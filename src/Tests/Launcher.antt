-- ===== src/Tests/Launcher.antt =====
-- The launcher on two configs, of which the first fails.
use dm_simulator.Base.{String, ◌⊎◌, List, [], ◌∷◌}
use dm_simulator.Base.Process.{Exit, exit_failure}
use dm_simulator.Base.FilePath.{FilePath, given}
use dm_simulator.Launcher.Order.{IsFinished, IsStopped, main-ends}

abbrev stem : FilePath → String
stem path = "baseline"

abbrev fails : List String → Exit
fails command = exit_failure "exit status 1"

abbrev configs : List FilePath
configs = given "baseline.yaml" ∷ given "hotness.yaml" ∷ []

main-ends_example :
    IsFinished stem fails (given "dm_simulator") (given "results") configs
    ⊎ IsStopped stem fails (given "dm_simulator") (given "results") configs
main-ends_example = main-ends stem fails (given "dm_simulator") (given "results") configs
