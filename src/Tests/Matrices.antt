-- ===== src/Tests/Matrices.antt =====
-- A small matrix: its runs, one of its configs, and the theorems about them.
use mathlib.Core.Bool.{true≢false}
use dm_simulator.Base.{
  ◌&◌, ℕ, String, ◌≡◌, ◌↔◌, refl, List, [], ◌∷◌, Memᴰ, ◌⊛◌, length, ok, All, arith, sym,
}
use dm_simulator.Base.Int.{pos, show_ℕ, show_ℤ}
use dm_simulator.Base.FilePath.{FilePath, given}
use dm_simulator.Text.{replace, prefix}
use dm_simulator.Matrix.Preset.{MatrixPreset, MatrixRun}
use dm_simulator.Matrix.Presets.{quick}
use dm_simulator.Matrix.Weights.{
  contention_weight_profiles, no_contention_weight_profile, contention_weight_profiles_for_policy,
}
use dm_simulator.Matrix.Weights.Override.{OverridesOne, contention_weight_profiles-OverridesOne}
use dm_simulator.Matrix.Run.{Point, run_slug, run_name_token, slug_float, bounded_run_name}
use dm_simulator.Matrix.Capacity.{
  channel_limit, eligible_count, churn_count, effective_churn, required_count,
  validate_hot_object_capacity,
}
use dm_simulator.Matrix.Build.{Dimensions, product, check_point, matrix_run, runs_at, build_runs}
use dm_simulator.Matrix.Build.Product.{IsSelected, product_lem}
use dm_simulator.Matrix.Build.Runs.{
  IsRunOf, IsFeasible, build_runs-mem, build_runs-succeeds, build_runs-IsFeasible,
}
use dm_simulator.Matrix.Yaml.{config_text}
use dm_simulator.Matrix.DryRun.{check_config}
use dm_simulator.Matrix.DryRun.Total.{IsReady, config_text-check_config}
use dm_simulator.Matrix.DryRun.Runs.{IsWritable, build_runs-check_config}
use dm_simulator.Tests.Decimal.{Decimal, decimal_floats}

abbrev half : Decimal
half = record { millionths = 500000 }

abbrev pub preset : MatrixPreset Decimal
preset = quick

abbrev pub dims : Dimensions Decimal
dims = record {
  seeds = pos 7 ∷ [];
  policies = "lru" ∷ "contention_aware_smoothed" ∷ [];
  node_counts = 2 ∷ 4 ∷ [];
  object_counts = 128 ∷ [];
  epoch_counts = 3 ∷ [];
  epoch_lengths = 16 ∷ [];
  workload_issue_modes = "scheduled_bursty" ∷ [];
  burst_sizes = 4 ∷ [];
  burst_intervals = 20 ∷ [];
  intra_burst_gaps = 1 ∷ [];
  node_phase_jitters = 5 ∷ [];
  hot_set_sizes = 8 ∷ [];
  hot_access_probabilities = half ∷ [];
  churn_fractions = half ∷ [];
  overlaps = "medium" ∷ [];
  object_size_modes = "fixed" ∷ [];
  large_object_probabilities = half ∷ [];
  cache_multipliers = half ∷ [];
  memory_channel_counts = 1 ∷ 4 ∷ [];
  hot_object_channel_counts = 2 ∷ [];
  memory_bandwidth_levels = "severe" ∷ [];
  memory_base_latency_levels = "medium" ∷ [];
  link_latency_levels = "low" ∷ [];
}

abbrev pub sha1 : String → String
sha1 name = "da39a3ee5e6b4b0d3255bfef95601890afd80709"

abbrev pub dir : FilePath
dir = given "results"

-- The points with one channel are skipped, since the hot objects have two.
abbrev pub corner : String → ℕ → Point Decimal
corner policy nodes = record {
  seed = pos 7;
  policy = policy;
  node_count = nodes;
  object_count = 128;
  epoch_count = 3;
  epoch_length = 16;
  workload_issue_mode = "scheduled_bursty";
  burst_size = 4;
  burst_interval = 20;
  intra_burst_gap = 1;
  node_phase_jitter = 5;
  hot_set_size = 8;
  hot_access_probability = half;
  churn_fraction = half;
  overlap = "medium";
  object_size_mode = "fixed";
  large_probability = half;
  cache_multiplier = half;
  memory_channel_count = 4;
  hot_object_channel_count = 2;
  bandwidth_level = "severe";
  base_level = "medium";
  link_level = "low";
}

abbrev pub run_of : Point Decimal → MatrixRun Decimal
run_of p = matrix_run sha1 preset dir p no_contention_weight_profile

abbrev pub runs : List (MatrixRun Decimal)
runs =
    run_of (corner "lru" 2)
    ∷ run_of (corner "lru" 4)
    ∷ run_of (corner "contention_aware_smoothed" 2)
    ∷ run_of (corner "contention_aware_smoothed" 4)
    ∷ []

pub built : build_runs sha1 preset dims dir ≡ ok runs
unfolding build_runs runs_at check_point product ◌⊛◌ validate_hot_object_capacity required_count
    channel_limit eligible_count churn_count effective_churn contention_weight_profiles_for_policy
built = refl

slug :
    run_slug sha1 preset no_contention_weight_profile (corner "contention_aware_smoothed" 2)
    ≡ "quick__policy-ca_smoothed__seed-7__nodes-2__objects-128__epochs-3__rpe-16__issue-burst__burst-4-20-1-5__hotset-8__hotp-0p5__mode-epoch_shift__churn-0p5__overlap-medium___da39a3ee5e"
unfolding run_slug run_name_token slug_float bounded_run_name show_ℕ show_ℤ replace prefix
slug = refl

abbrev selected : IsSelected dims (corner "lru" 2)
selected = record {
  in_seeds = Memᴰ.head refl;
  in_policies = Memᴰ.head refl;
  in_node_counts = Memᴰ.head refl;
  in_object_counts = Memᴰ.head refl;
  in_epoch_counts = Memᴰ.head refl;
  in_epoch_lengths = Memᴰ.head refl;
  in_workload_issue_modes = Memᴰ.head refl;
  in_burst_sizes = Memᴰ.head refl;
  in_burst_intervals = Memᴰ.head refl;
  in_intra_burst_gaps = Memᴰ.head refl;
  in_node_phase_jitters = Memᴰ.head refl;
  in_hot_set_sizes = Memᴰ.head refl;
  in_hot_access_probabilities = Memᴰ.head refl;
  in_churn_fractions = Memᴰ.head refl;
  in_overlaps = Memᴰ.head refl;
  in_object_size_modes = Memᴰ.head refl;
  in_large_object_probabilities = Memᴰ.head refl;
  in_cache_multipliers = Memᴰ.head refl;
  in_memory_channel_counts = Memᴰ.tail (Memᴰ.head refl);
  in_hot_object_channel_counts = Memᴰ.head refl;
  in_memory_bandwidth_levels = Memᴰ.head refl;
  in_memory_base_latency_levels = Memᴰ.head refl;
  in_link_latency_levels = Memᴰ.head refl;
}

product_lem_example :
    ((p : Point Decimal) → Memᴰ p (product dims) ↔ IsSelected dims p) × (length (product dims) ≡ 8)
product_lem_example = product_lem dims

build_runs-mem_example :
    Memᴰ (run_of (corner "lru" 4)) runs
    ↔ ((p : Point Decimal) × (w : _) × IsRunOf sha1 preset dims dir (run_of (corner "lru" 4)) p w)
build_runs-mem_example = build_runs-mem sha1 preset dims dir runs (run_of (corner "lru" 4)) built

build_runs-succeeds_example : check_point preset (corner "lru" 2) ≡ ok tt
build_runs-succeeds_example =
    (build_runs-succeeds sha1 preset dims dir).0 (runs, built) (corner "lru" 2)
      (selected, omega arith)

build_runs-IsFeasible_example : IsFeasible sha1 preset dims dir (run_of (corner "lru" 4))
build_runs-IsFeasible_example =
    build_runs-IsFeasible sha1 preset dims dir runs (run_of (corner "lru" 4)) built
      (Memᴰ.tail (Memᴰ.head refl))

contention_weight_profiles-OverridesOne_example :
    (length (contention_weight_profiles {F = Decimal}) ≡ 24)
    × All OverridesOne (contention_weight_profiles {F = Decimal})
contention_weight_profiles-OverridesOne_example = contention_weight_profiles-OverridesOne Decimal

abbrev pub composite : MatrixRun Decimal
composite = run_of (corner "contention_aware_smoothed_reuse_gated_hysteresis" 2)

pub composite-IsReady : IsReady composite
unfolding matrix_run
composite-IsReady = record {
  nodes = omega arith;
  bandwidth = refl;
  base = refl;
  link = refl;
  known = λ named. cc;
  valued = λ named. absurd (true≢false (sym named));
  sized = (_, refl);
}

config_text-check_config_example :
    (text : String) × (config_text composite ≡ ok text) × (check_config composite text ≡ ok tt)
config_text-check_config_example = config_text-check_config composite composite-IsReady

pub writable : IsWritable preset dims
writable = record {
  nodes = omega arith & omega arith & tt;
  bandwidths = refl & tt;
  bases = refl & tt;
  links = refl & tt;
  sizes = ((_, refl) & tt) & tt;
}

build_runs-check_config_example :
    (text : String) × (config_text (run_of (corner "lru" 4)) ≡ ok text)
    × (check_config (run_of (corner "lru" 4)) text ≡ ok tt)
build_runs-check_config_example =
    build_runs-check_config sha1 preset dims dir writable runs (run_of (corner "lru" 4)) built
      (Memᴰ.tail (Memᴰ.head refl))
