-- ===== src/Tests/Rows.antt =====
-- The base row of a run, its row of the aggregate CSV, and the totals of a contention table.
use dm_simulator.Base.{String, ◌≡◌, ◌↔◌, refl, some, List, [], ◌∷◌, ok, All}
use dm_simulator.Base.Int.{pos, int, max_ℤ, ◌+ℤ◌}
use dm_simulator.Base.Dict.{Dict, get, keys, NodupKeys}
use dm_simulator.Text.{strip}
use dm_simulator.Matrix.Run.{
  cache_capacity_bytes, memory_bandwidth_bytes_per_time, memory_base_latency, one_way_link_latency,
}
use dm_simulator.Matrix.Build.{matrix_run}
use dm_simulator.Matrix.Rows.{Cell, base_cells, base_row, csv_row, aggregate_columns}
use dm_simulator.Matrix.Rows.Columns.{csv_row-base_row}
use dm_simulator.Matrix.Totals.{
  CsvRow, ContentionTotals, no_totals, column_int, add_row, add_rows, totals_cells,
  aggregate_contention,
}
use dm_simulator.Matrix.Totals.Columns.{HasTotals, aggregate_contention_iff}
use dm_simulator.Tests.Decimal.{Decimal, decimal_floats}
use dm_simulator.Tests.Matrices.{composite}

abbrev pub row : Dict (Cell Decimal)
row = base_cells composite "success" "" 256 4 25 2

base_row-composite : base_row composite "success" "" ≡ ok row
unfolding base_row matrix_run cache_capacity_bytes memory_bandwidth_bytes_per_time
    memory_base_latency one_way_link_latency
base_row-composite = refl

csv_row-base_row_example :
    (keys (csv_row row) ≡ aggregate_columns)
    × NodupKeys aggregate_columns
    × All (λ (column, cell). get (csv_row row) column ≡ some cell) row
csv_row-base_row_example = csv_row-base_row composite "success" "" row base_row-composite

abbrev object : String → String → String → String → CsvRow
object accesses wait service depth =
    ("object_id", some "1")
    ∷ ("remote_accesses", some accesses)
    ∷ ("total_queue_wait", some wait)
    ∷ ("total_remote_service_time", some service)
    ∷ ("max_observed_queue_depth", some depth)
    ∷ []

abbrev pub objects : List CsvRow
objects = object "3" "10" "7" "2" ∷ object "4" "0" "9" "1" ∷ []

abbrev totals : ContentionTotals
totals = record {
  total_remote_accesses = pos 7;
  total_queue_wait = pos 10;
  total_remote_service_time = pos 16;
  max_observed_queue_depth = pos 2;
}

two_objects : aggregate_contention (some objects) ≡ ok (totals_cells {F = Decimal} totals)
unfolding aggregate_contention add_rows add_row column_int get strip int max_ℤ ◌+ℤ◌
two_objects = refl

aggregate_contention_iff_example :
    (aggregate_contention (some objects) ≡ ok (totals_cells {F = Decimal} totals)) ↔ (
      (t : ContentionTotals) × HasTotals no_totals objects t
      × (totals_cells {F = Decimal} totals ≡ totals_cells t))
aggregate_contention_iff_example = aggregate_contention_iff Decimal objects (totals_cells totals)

• [Instructions for the task]: From the entries above, give again exactly the lines running from the line with "IsFinished stem fails" to the line with "main-ends_example = main-ends"; include both of those lines.

• [Reply]:
    IsFinished stem fails (given "dm_simulator") (given "results") configs
    ⊎ IsStopped stem fails (given "dm_simulator") (given "results") configs
main-ends_example = main-ends stem fails (given "dm_simulator") (given "results") configs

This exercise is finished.